One of the groomsmen is wealthy and a bit oblivious and all the groomsmen are like “Sure, the two trips can be your holidays next year!”. There’s a lot of behind the scenes grumbling. Between the two, you’re talking thousands and thousands of euro. To be honest, it’s a lot of money for anybody, even the well-paid. I’d be mortified asking people to pony up so much for my wedding.

I already know I’m not going to the wedding. I felt bad until something shocked sense into me. A friend of ours who is financially pretty comfortable said she can’t really afford to go and that made me realise “Hang on, you’re on welfare, of course you can’t go to a wedding in the US!”. So I don’t feel bad anymore. I’m not putting myself in debt for it.

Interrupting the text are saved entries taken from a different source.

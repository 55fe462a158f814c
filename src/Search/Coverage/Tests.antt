-- ===== src/Search/Coverage/Tests.antt =====
-- A combat with two cards, a potion and the end of the turn, where the policy ranks the cards first.
use sts2_training.Base.{◌≡◌, refl, ℕ, String, true, false, some, List, [], ◌∷◌}
use sts2_training.Base.Int.{pos}
use sts2_training.Base.Outcome.{ok}
use sts2_training.Json.{Fields, field, end, str, get, lookup, fraction}
use sts2_training.Search.Coverage.{ActionCandidate, CandidateProposal, available_of, from_policy}
use sts2_training.Search.Coverage.Required.{
  is_regular_combat, has_some_type, system_type, card_type, potion_type, choice_card_type,
  completion_types,
}
use sts2_training.Search.Coverage.Apply.{structural, apply_structural_coverage_with_provenance}
use sts2_training.Search.Coverage.Fit.{IsFit}
use sts2_training.Search.Coverage.Sound.{apply-IsFit}
use sts2_training.Search.Coverage.Numbered.{IsNumbered}
use sts2_training.Search.Coverage.Retained.{
  Keeps, apply-Keeps_combat, apply-Keeps_potion, apply-Keeps_completion,
}
use sts2_training.Search.Coverage.Batch.{
  Request, constrained, AllFit, propose_batch_with_provenance, propose_batch-AllFit,
}

abbrev action : String → String → Fields
action id type = field "action_id" (str id) (field "action_type" (str type) end)

abbrev combat : List Fields
combat =
    action "c-1" "card" ∷ action "c-2" "card" ∷ action "p-1" "potion" ∷ action "end" "system" ∷ []

abbrev choice : List Fields
choice = action "k-1" "choice_card" ∷ action "k-2" "choice_card" ∷ action "ok" "choice_confirm" ∷ []

abbrev candidate : String → ActionCandidate
candidate id = record { action_id = id; action_score = some (fraction (pos 3) 1) }

abbrev cards : List ActionCandidate
cards = candidate "c-2" ∷ candidate "c-1" ∷ candidate "c-2" ∷ []

abbrev kept : CandidateProposal
kept = from_policy 0 0 (candidate "c-2")

abbrev numbered : CandidateProposal → ℕ → CandidateProposal
numbered p n = record p { post_coverage_rank = pos n }

abbrev of_combat : List CandidateProposal
of_combat = kept ∷ numbered (structural "end") 1 ∷ []

abbrev of_three : List CandidateProposal
of_three = kept ∷ numbered (structural "p-1") 1 ∷ numbered (structural "end") 2 ∷ []

abbrev of_choice : List CandidateProposal
of_choice = from_policy 0 0 (candidate "k-1") ∷ numbered (structural "ok") 1 ∷ []

combat_covered : apply_structural_coverage_with_provenance cards combat 2 ≡ ok of_combat
unfolding apply_structural_coverage_with_provenance get lookup
combat_covered = refl

three_covered : apply_structural_coverage_with_provenance cards combat 3 ≡ ok of_three
unfolding apply_structural_coverage_with_provenance get lookup
three_covered = refl

abbrev choices : List ActionCandidate
choices = candidate "k-1" ∷ candidate "k-2" ∷ []

choice_covered : apply_structural_coverage_with_provenance choices choice 2 ≡ ok of_choice
unfolding apply_structural_coverage_with_provenance get lookup
choice_covered = refl

is_combat : is_regular_combat (available_of combat) ≡ true
unfolding available_of get lookup
is_combat = refl

is_no_combat : is_regular_combat (available_of choice) ≡ false
unfolding available_of get lookup
is_no_combat = refl

is_choice : has_some_type (choice_card_type ∷ []) (available_of choice) ≡ true
unfolding available_of get lookup
is_choice = refl

apply-IsFit_example : IsFit (available_of combat) 2 cards of_combat × IsNumbered 0 of_combat
apply-IsFit_example = apply-IsFit cards combat 2 of_combat combat_covered

apply-Keeps_combat_example :
    Keeps (available_of combat) (system_type ∷ []) of_combat
    × Keeps (available_of combat) (card_type ∷ []) of_combat
apply-Keeps_combat_example = apply-Keeps_combat cards combat 0 of_combat combat_covered is_combat

apply-Keeps_potion_example : Keeps (available_of combat) (potion_type ∷ []) of_three
apply-Keeps_potion_example = apply-Keeps_potion cards combat 0 of_three three_covered is_combat

apply-Keeps_completion_example : Keeps (available_of choice) completion_types of_choice
apply-Keeps_completion_example =
    apply-Keeps_completion choices choice 0 of_choice choice_covered is_no_combat is_choice

abbrev requests : List Request
requests = (combat, end) ∷ (choice, end) ∷ []

abbrev rank : List Request → List (List ActionCandidate)
rank qs = cards ∷ choices ∷ []

batch_covered :
    propose_batch_with_provenance (constrained rank) requests 2 ≡ ok (of_combat ∷ of_choice ∷ [])
unfolding propose_batch_with_provenance get lookup
batch_covered = refl

propose_batch-AllFit_example : AllFit 2 (rank requests) requests (of_combat ∷ of_choice ∷ [])
propose_batch-AllFit_example =
    propose_batch-AllFit rank requests 2 (of_combat ∷ of_choice ∷ []) batch_covered
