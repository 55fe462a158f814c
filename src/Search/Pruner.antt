-- ===== src/Search/Pruner.antt =====
-- src/sts2_training/decision/stable_pruner.py: which states of the frontier survive; and the check of
-- a pruner's answer in beam_search.py. How scores compare is a parameter.
pub mod Ranking
pub mod Indices
pub mod Baseline
pub mod Whole
mod Tests
use sts2_training.Base.{
  ◌≡◌, ℕ, zero, suc, ◌==◌, Bool, true, false, not, ◌||◌, Option, none, some, List, [], ◌∷◌, length,
  take, map, any, ltb, if◌then◌else◌,
}
use sts2_training.Base.Int.{ℤ, pos, negsuc}
use sts2_training.Base.Outcome.{Result, ok, err}
use sts2_training.Json.{Value, Items, as_items, as_int, to_list}
use sts2_training.Api.Errors.{Exc, value_error, runtime_error}

-- Finite scores, with Python's `<`: a linear order up to equal scores.
pub record Scores (S : Type 0) : Type 0 where
  pub below : S → S → Bool
  pub asym : (a b : S) → below a b ≡ true → below b a ≡ false
  pub trans : (a b c : S) → below a b ≡ false → below b c ≡ false → below a c ≡ false

module _ {S : Type 0} (scores : Scores S) where
  -- an index of the frontier with its score
  abbrev pub Entry : Type 0
  Entry = ℕ × S

  -- range(len(frontier)), each index with its score
  abbrev pub entries : ℕ → List S → List (ℕ × S)
  entries i [] = []
  entries i (s ∷ ss) = (i, s) ∷ entries (suc i) ss

  abbrev pub insert : ℕ × S → List (ℕ × S) → List (ℕ × S)
  insert x [] = x ∷ []
  insert x (y ∷ ys) =
      let later = insert x ys in if scores.below x.1 y.1 then y ∷ later else x ∷ y ∷ ys

  -- sorted(..., key=score, reverse=True), which is stable
  abbrev pub ranked : List (ℕ × S) → List (ℕ × S)
  ranked [] = []
  ranked (x ∷ xs) = insert x (ranked xs)

  abbrev pub best : List S → ℕ → List (ℕ × S)
  best views k = take k (ranked (entries 0 views))

  -- ValueTopKPruner.select, on the scores of the frontier; an int that is no positive one is refused
  unfoldable pub select : List S → ℕ → Result Exc (List ℕ)
  select frontier k = if k == 0 then err value_error else ok (map (λ e. e.0) (best frontier k))

abbrev pub mem_nat : ℕ → List ℕ → Bool
mem_nat i is = any (λ j. i == j) is

abbrev within : ℕ → ℕ → Option ℕ
within size i = if ltb i size then some i else none

abbrev pub as_index : ℕ → Option ℤ → Option ℕ
as_index size none = none
as_index size (some (pos i)) = within size i
as_index size (some (negsuc i)) = none

abbrev pub put : ℕ → Result Exc (List ℕ) → Result Exc (List ℕ)
put i (ok is) = ok (i ∷ is)
put i (err e) = err e

abbrev pub check_next : List ℕ → (ℕ → Result Exc (List ℕ)) → Option ℕ → Result Exc (List ℕ)
check_next seen later none = err runtime_error
check_next seen later (some i) = if mem_nat i seen then err runtime_error else put i (later i)

-- the loop of the check, with the indices seen before
abbrev pub check_indices : ℕ → List ℕ → List Value → Result Exc (List ℕ)
check_indices size seen [] = ok []
check_indices size seen (v ∷ vs) =
    check_next seen (λ i. check_indices size (i ∷ seen) vs) (as_index size (as_int v))

abbrev at_most : ℕ → ℕ → List Value → Result Exc (List ℕ)
at_most size k vs = if ltb k (length vs) then err runtime_error else check_indices size [] vs

abbrev pub checked_items : ℕ → ℕ → Option Items → Result Exc (List ℕ)
checked_items size k none = err runtime_error
checked_items size k (some items) = at_most size k (to_list items)

-- _validated_pruner_indices
unfoldable pub validated_pruner_indices : Value → ℕ → ℕ → Result Exc (List ℕ)
validated_pruner_indices selected size k = checked_items size k (as_items selected)
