-- ===== src/Search/Frontier.antt =====
-- src/sts2_training/decision/beam_search.py: the nodes of the beam, and the fitting of a
-- Whole Run's frontier to the server's active Branches.
pub mod Capacity
pub mod Whole
pub mod Fitting
pub mod Nodes
mod Tests
use sts2_training.Base.{
  ◌≡◌, ℕ, zero, suc, ◌+◌, ◌-◌, ◌==◌, leb, ltb, String, Bool, true, false, not, ◌&&◌, ◌||◌, Option,
  none, some, List, [], ◌∷◌, ◌++◌, length, take, drop, map, mem, str_eq, if◌then◌else◌,
}
use sts2_training.Base.Int.{ℤ}
use sts2_training.Json.{Fields, Value, as_positive, str, py_eq, Float}
use sts2_training.Api.Errors.{root_branch_id}
use sts2_training.Search.Scope.{is_continuation_decision}
use sts2_training.Search.Coverage.{CandidateProposal}
use sts2_training.Search.Pruner.{Scores}

-- BeamNode. The log of the branch is left out: it is only passed on.
pub record BeamNode (S : Type 0) : Type 0 where
  pub branch_id : String
  pub parent_branch_id : String
  pub rng_id : ℕ
  pub decision_point_id : String
  pub masked_emulator_dto : Fields
  pub depth : ℕ
  pub value : S
  pub root_action_id : Option String
  pub combat_depth : ℕ
  pub continuation_steps : ℕ
  pub terminal : Bool
  pub action_id : Option String
  pub action_type : Option String
  pub action : Option Fields
  pub policy_rank : Option ℕ
  pub policy_score : Option Float
  pub post_coverage_rank : Option ℤ
  pub candidate_source : Option String

-- An item of a batch, with its parent, its proposal, and the ids of the new Branch and its RNG.
pub record Item (S : Type 0) : Type 0 where
  pub payload : Fields
  pub parent : BeamNode S
  pub proposal : CandidateProposal
  pub branch_id : String
  pub rng_id : ℕ

abbrev pub is_nil {ℓ} : {A : Type ℓ} → List A → Bool
is_nil [] = true
is_nil (x ∷ xs) = false

abbrev pub smaller : ℕ → ℕ → ℕ
smaller a b = if leb a b then a else b

-- _is_macro_resolved
unfoldable pub is_macro_resolved : {S : Type 0} → BeamNode S → Bool
unfolding is_continuation_decision
is_macro_resolved node = node.terminal || not (is_continuation_decision node.masked_emulator_dto)

-- _server_batch_limit and _server_active_branch_capacity, by two attributes of the client
abbrev pub server_batch_limit : Value → Option ℕ
server_batch_limit v = as_positive v

unfoldable pub server_active_branch_capacity : Value → Value → Option ℕ
unfolding py_eq
server_active_branch_capacity instance_type limit =
    if py_eq instance_type (str "whole_run") then server_batch_limit limit else none

-- what the loop over the beam selects: nodes, items, the slots they use, and was anything left?
pub record Fitted (S : Type 0) : Type 0 where
  pub beam : List (BeamNode S)
  pub items : List (Item S)
  pub used : ℕ
  pub limited : Bool

-- the six results of the fitting
pub record Fit (S : Type 0) : Type 0 where
  pub beam : List (BeamNode S)
  pub waiting : List (BeamNode S)
  pub items : List (Item S)
  pub finished : List (BeamNode S)
  pub limited : Bool

module _ {S : Type 0} where
  abbrev pub children_of : String → List (Item S) → List (Item S)
  children_of i [] = []
  children_of i (e ∷ es) =
      let later = children_of i es in if str_eq e.parent.branch_id i then e ∷ later else later

  -- the slot that a parent takes: the root takes none
  abbrev pub parent_cost : BeamNode S → ℕ
  parent_cost node = if str_eq node.branch_id root_branch_id then 0 else 1

  abbrev pub nothing : ℕ → Bool → Fitted S
  nothing used limited = record { beam = []; items = []; used = used; limited = limited }

  abbrev pub with_node : BeamNode S → List (Item S) → Fitted S → Fitted S
  with_node node es f = record f { beam = node ∷ f.beam; items = es ++ f.items }

  abbrev pub limit : Fitted S → Fitted S
  limit f = record f { limited = true }

  -- the children that fit, and whether that is all of them
  abbrev pub room : ℕ → ℕ → BeamNode S → ℕ
  room capacity used node = capacity - (used + parent_cost node)

  -- the loop over the beam
  unfoldable pub fit_beam : ℕ → List (Item S) → ℕ → List (BeamNode S) → Fitted S
  fit_beam capacity items used [] = nothing used false
  fit_beam capacity items used (node ∷ rest) =
      let children = children_of node.branch_id items in
      let fitting = smaller (length children) (room capacity used node) in
      let now = used + (parent_cost node + fitting) in
      let skipped = limit (fit_beam capacity items used rest) in
      let taken = with_node node (take fitting children) (fit_beam capacity items now rest) in
      if is_nil children
      then skipped
      else if room capacity used node == 0
      then nothing used true
      else if ltb fitting (length children)
      then with_node node (take fitting children) (nothing now true)
      else taken

  -- sorted(..., key=state_score, reverse=True), which is stable
  module _ (scores : Scores S) where
    abbrev pub insert_node : BeamNode S → List (BeamNode S) → List (BeamNode S)
    insert_node x [] = x ∷ []
    insert_node x (y ∷ ys) =
        let later = insert_node x ys in
        if scores.below x.value y.value then y ∷ later else x ∷ y ∷ ys

    abbrev pub rank_nodes : List (BeamNode S) → List (BeamNode S)
    rank_nodes [] = []
    rank_nodes (x ∷ xs) = insert_node x (rank_nodes xs)

  abbrev pub branch_ids : List (BeamNode S) → List String
  branch_ids nodes = map (λ n. n.branch_id) nodes

  abbrev pub outside : List String → List (BeamNode S) → List (BeamNode S)
  outside is [] = []
  outside is (n ∷ ns) = let later = outside is ns in if mem n.branch_id is then later else n ∷ later

  abbrev pub resolved : List (BeamNode S) → List (BeamNode S)
  unfolding is_macro_resolved
  resolved [] = []
  resolved (n ∷ ns) = let later = resolved ns in if is_macro_resolved n then n ∷ later else later

  unfoldable pub fit_all :
      Scores S → ℕ → List (BeamNode S) → List (BeamNode S) → List (Item S) → Fit S
  unfolding fit_beam resolved
  fit_all scores capacity beam waiting items =
      let f = fit_beam capacity items 0 beam in
      let budget = capacity - f.used in
      let pruned = outside (branch_ids f.beam) beam in
      let order = rank_nodes scores waiting in
      record {
        beam = f.beam;
        waiting = take budget order;
        items = f.items;
        finished = resolved (pruned ++ drop budget order);
        limited =
            f.limited
            || not (is_nil pruned)
            || not (is_nil (drop budget order))
            || not (length f.items == length items);
      }

  -- _fit_whole_run_frontier_to_active_capacity
  unfoldable pub fit_whole_run_frontier :
      Scores S → Option ℕ → List (BeamNode S) → List (BeamNode S) → List (Item S) → Fit S
  unfolding fit_all
  fit_whole_run_frontier scores none beam waiting items = record {
    beam = beam;
    waiting = waiting;
    items = items;
    finished = [];
    limited = false;
  }
  fit_whole_run_frontier scores (some capacity) beam waiting items =
      fit_all scores capacity beam waiting items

Hubs thinks the stag is the only thing he’ll do. It’s mad if people have to choose between the two. Decadent weddings need to go. My MIL showed me her wedding album recently and it was so elegant and pared back.
One of my mates got married abroad years ago, as it happened he was one of the first weddings so very few had children at that stage so loads of us made it our summer holiday and it worked out great, for the stag he wanted a big trip abroad and the best man just shot it down straight away and said your not inviting people to a wedding away and also getting the lads to pay for another trip. People get caught up and probably need a reality check sometimes.